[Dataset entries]
□ □ □
-- ===== src/Kafka/Consumer/Outcome.antt =====
-- What becomes of one message: pkg/kafkax/kafka.go.
use gosplash.Kafka.Backoff.{backoff, max_retry_attempts}
use gosplash.Prelude.{
  ℕ, zero, suc, String, ◌∷◌, Option, none, some, Bool-cases, inl, inr, ◌≡◌, ◌⊎◌, refl, arith, ◌-◌,
  ◌∙◌, ap, false, ◌≤◌, subst, true, sym,
}
use gosplash.Prelude.Int.{ℤ, pos, ◌+ℤ◌}
use gosplash.Kafka.Record.{Message, retry_topic, dlq_topic, header_retry_count}
use gosplash.Kafka.Headers.Laws.{
  NamesSource, mark_original-NamesSource, dlq_headers-NamesSource, header_value-set_header,
}
use gosplash.Kafka.Headers.{Strconv, header_value, mark_original}
use gosplash.Kafka.Failing.{Failing, is_permanent, text_of, wrapped}
use gosplash.Kafka.Runtime.{Runtime, World, produce, commit_record, finish_sent, looked}
use gosplash.Kafka.Consumer.{
  run_handler, or_retry, try_in_place, settle, process_one, finish_with_dlq, finish_with_retry,
  dlq_message, retry_message, nap,
}

-- A copy of a message in another topic, which names it as its source.
pub record Copy (lib : Strconv) (m : Message) (topic : String) (copy : Message) : Type 0 where
  pub where_to : copy.topic ≡ topic
  pub same_key : copy.key ≡ m.key
  pub same_value : copy.value ≡ m.value
  pub source : NamesSource lib copy.headers m.topic m.partition m.offset

module _ {E S : Type 0} (rt : Runtime E S) (topic : String) (m : Message) where
  -- Calls of the handler, one after the other, each on the state that the one before left: every
  -- answer but the last is an error that is not permanent, and this is the last.
  pub data Calls (e : E) : ℕ → S → Option Failing → S → Type 0 where
    last : {s s' : S} {r : Option Failing} → rt.handle e s ≡ (r, s') → Calls e 1 s r s'
    again :
        {n : ℕ} {s s₁ s' : S} {f : Failing} {r : Option Failing}
        → rt.handle e s ≡ (some f, s₁)
        → is_permanent f ≡ false
        → Calls e n s₁ r s'
        → Calls e (suc n) s r s'

  -- The message cannot be decoded, or the handler's last answer was a permanent error.
  pub data Hopeless (s s' : S) : Type 0 where
    unread : rt.unmarshal m.value ≡ none → s' ≡ s → Hopeless s s'
    stopped :
        (e : E) (n : ℕ) (f : Failing)
        → rt.unmarshal m.value ≡ some e
        → n ≤ max_retry_attempts
        → is_permanent f ≡ true
        → Calls e n s (some f) s'
        → Hopeless s s'

  -- All attempts in place ended with errors that are not permanent.
  pub record Exhausted (s s' : S) : Type 0 where
    pub envelope : E
    pub failing : Failing
    pub decoded : rt.unmarshal m.value ≡ some envelope
    pub transient : is_permanent failing ≡ false
    pub calls : Calls envelope max_retry_attempts s (some failing) s'

  -- What can become of a message: the handler took it, in the end; a copy was taken by the DLQ or by
  -- the retry topic; or nothing was sent and nothing committed.
  pub data Outcome (w w' : World S) : Type 0 where
    handled :
        (e : E) (n : ℕ)
        → rt.unmarshal m.value ≡ some e
        → n ≤ max_retry_attempts
        → Calls e n w.user none w'.user
        → w'.produced ≡ w.produced
        → Outcome w w'
    buried :
        (copy : Message)
        → Hopeless w.user w'.user
        → Copy rt.strconv m (dlq_topic topic) copy
        → w'.produced ≡ copy ∷ w.produced
        → Outcome w w'
    postponed :
        (copy : Message)
        → Exhausted w.user w'.user
        → Copy rt.strconv m (retry_topic topic) copy
        → header_value copy.headers header_retry_count ≡ some "1"
        → w'.produced ≡ copy ∷ w.produced
        → Outcome w w'
    kept :
        Hopeless w.user w'.user ⊎ Exhausted w.user w'.user
        → w'.produced ≡ w.produced
        → w'.commits ≡ w.commits
        → Outcome w w'

  pub commit_produced : (w : World S) → (commit_record rt m w).produced ≡ w.produced
  unfolding commit_record
  commit_produced w = ground arith

  -- After a message was sent: it is in the broker, or nothing has changed there.
  pub sent_or_kept :
      (copy : Message) (result failed : String) (w w₀ : World S)
      → w.produced ≡ w₀.produced
      → w.commits ≡ w₀.commits
      → let w' = finish_sent rt m result failed (produce rt copy w) in
        (w'.produced ≡ copy ∷ w₀.produced)
        ⊎ ((w'.produced ≡ w₀.produced) × (w'.commits ≡ w₀.commits))
  unfolding finish_sent produce
  sent_or_kept copy result failed w w₀ e₀ e₁ = elim (Bool-cases (rt.accepts w.requests)) [
    | inl yes_it ↦ inl (rw yes_it (commit_produced _ ∙ ap (λ ms. copy ∷ ms) e₀))
    | inr not_it ↦ inr (rw not_it e₀, rw not_it e₁)
  ]

  -- The attempts in place, of which so many may follow the first, send and commit nothing.
  pub record Tried (more : ℕ) (e : E) (w : World S) (p : Option Failing × World S) : Type 0 where
    pub produced : p.1.produced ≡ w.produced
    pub commits : p.1.commits ≡ w.commits
    count : ℕ
    within : count ≤ suc more
    calls : Calls e count w.user p.0 p.1.user
    all_used : (f : Failing) → p.0 ≡ some f → is_permanent f ≡ false → count ≡ suc more

  or_retry-Tried :
      (more : ℕ) (e : E) (w : World S) (next : Failing → World S → Option Failing × World S)
      → ((f : Failing)
          → rt.handle e w.user ≡ (some f, (rt.handle e w.user).1)
          → is_permanent f ≡ false
          → Tried more e w (next f (run_handler rt e w).1))
      → Tried more e w (or_retry rt (run_handler rt e w) next)
  unfolding or_retry
  or_retry-Tried more e w next step = by_answer (rt.handle e w.user).0 refl
    where
      by_answer :
          (r : Option Failing)
          → (rt.handle e w.user).0 ≡ r
          → Tried more e w (or_retry rt (r, (run_handler rt e w).1) next)
      by_answer none h = record {
        produced = refl;
        commits = refl;
        count = 1;
        within = omega arith;
        calls = last (ap (λ r. (r, (rt.handle e w.user).1)) h);
        all_used = λ f e. cc;
      }
      by_answer (some f) h = elim (Bool-cases (is_permanent f)) [
        | inl stop ↦
            rw (stop, or_retry)
              (record {
                produced = refl;
                commits = refl;
                count = 1;
                within = omega arith;
                calls = last (ap (λ r. (r, (rt.handle e w.user).1)) h);
                all_used = λ f' e e'. cc;
              })
        | inr on ↦ rw (on, or_retry) (step f (ap (λ r. (r, (rt.handle e w.user).1)) h) on)
      ]

  pub try_in_place-Tried :
      (more : ℕ) (attempt : ℤ) (e : E) (w : World S)
      → Tried more e w (try_in_place rt more attempt e w)
  unfolding try_in_place
  try_in_place-Tried zero attempt e w =
      or_retry-Tried zero e w (λ f w'. (some f, w'))
        (λ f h on. record {
          produced = refl;
          commits = refl;
          count = 1;
          within = omega arith;
          calls = last h;
          all_used = λ f' e e'. omega arith;
        })
  try_in_place-Tried (suc more) attempt e w =
      or_retry-Tried (suc more) e w
        (λ f w'. try_in_place rt more (attempt +ℤ pos 1) e (nap rt attempt w'))
        (λ f h on.
          let t =
            try_in_place-Tried more (attempt +ℤ pos 1) e (nap rt attempt (run_handler rt e w).1) in
          record {
            produced = t.produced;
            commits = t.commits;
            count = suc t.count;
            within = omega (arith, t.within);
            calls = again h on t.calls;
            all_used = λ f' e' e''. ap suc (t.all_used f' e' e'');
          })

  dlq_message-Copy :
      (cause : String) → Copy rt.strconv m (dlq_topic topic) (dlq_message rt topic m cause)
  unfolding dlq_message
  dlq_message-Copy cause = record {
    where_to = refl;
    same_key = refl;
    same_value = refl;
    source = dlq_headers-NamesSource rt.strconv m.headers cause m.topic m.partition m.offset;
  }

  retry_message-Copy :
      (at : ℤ) → Copy rt.strconv m (retry_topic topic) (retry_message rt topic m at)
  unfolding retry_message
  retry_message-Copy at = record {
    where_to = refl;
    same_key = refl;
    same_value = refl;
    source = mark_original-NamesSource rt.strconv _ m.topic m.partition m.offset;
  }

  retry_message-first :
      (at : ℤ) → header_value (retry_message rt topic m at).headers header_retry_count ≡ some "1"
  unfolding retry_message mark_original
  retry_message-first at = simp header_value-set_header

  finish_sent-user :
      (copy : Message) (result failed : String) (w : World S)
      → (finish_sent rt m result failed (produce rt copy w)).user ≡ w.user
  unfolding finish_sent commit_record produce
  finish_sent-user copy result failed w = ground arith

  finish_with_dlq-Outcome :
      (cause : Failing) (w w₀ : World S)
      → Hopeless w₀.user w.user
      → w.produced ≡ w₀.produced
      → w.commits ≡ w₀.commits
      → Outcome w₀ (finish_with_dlq rt topic m cause w)
  unfolding finish_with_dlq
  finish_with_dlq-Outcome cause w w₀ why e₀ e₁ =
      let copy = dlq_message rt topic m (text_of cause) in
      let why' = subst (Hopeless w₀.user) (sym (finish_sent-user copy "dlq" "dlq_failed" w)) why in
      elim (sent_or_kept copy "dlq" "dlq_failed" w w₀ e₀ e₁) [
        | inl e ↦ buried copy why' (dlq_message-Copy (text_of cause)) e
        | inr e ↦ kept (inl why') e.0 e.1
      ]

  finish_with_retry-Outcome :
      (w w₀ : World S)
      → Exhausted w₀.user w.user
      → w.produced ≡ w₀.produced
      → w.commits ≡ w₀.commits
      → Outcome w₀ (finish_with_retry rt topic m w)
  unfolding finish_with_retry
  finish_with_retry-Outcome w w₀ why e₀ e₁ =
      let at = rt.after_ms w.looks (backoff (rt.int64_n w.looks) (pos max_retry_attempts)) in
      let copy = retry_message rt topic m at in
      let why' =
        subst (Exhausted w₀.user) (sym (finish_sent-user copy "retry" "retry_failed" (looked w)))
          why in
      elim (sent_or_kept copy "retry" "retry_failed" (looked w) w₀ e₀ e₁) [
        | inl e ↦ postponed copy why' (retry_message-Copy at) (retry_message-first at) e
        | inr e ↦ kept (inr why') e.0 e.1
      ]

  commit_user : (w : World S) → (commit_record rt m w).user ≡ w.user
  unfolding commit_record
  commit_user w = ground arith

  by_end :
      (e : E) (p : Option Failing × World S) (w : World S)
      → rt.unmarshal m.value ≡ some e
      → Tried (max_retry_attempts - 1) e w p
      → Outcome w (settle rt topic m p)
  unfolding settle
  by_end e (none, w') w h t =
      handled e t.count h (omega (arith, t.within))
        (subst (Calls e t.count w.user none) (sym (commit_user w')) t.calls)
        (commit_produced w' ∙ t.produced)
  by_end e (some f, w') w h t = elim (Bool-cases (is_permanent f)) [
    | inl stop ↦
        rw (stop, settle)
          (finish_with_dlq-Outcome f w' w
            (stopped e t.count f h (omega (arith, t.within)) stop t.calls) t.produced t.commits)
    | inr on ↦
        rw (on, settle)
          (finish_with_retry-Outcome w' w
            (record {
              envelope = e;
              failing = f;
              decoded = h;
              transient = on;
              calls = subst (λ n. Calls e n w.user (some f) w'.user) (t.all_used f refl on) t.calls;
            })
            t.produced t.commits)
  ]

  -- Whatever the handler, the broker and the clock do, a message that a consumer processes ends in
  -- one of these ways. The handler was called at most three times, each time on the state that it had
  -- left, again only after an error that is not permanent, and its last answer was success; then
  -- nothing was sent. Or the message cannot be decoded, or the last of such calls was a permanent
  -- error, and the broker has taken one copy of it into the DLQ. Or three calls all ended with errors
  -- that are not permanent, and the broker has taken one copy into the retry topic. A copy has the
  -- same key and value and headers that name topic, partition and offset of the message. Or, after
  -- one of the two kinds of failure, nothing was sent and the offset was not committed.
  pub process_one-Outcome : (w : World S) → Outcome w (process_one rt topic m w)
  unfolding process_one
  process_one-Outcome w = by_envelope (rt.unmarshal m.value) refl
    where
      by_envelope :
          (o : Option E)
          → rt.unmarshal m.value ≡ o
          → Outcome w (elim o [
            | none ↦
                finish_with_dlq rt topic m
                  (wrapped "разбор конверта: " (rt.unmarshal_error m.value))
                  w
            | some e ↦ settle rt topic m (try_in_place rt (max_retry_attempts - 1) (pos 1) e w)
          ])
      by_envelope none h = finish_with_dlq-Outcome _ w w (unread h refl) refl refl
      by_envelope (some e) h =
          by_end e (try_in_place rt (max_retry_attempts - 1) (pos 1) e w) w h
            (try_in_place-Tried (max_retry_attempts - 1) (pos 1) e w)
□ □ □
YOUR GOAL:
Check the data for the word "postponed" and pull out the lines that have it.

SOLUTION FOR THIS TASK:
    postponed :
        | inl e ↦ postponed copy why' (retry_message-Copy at) (retry_message-first at) e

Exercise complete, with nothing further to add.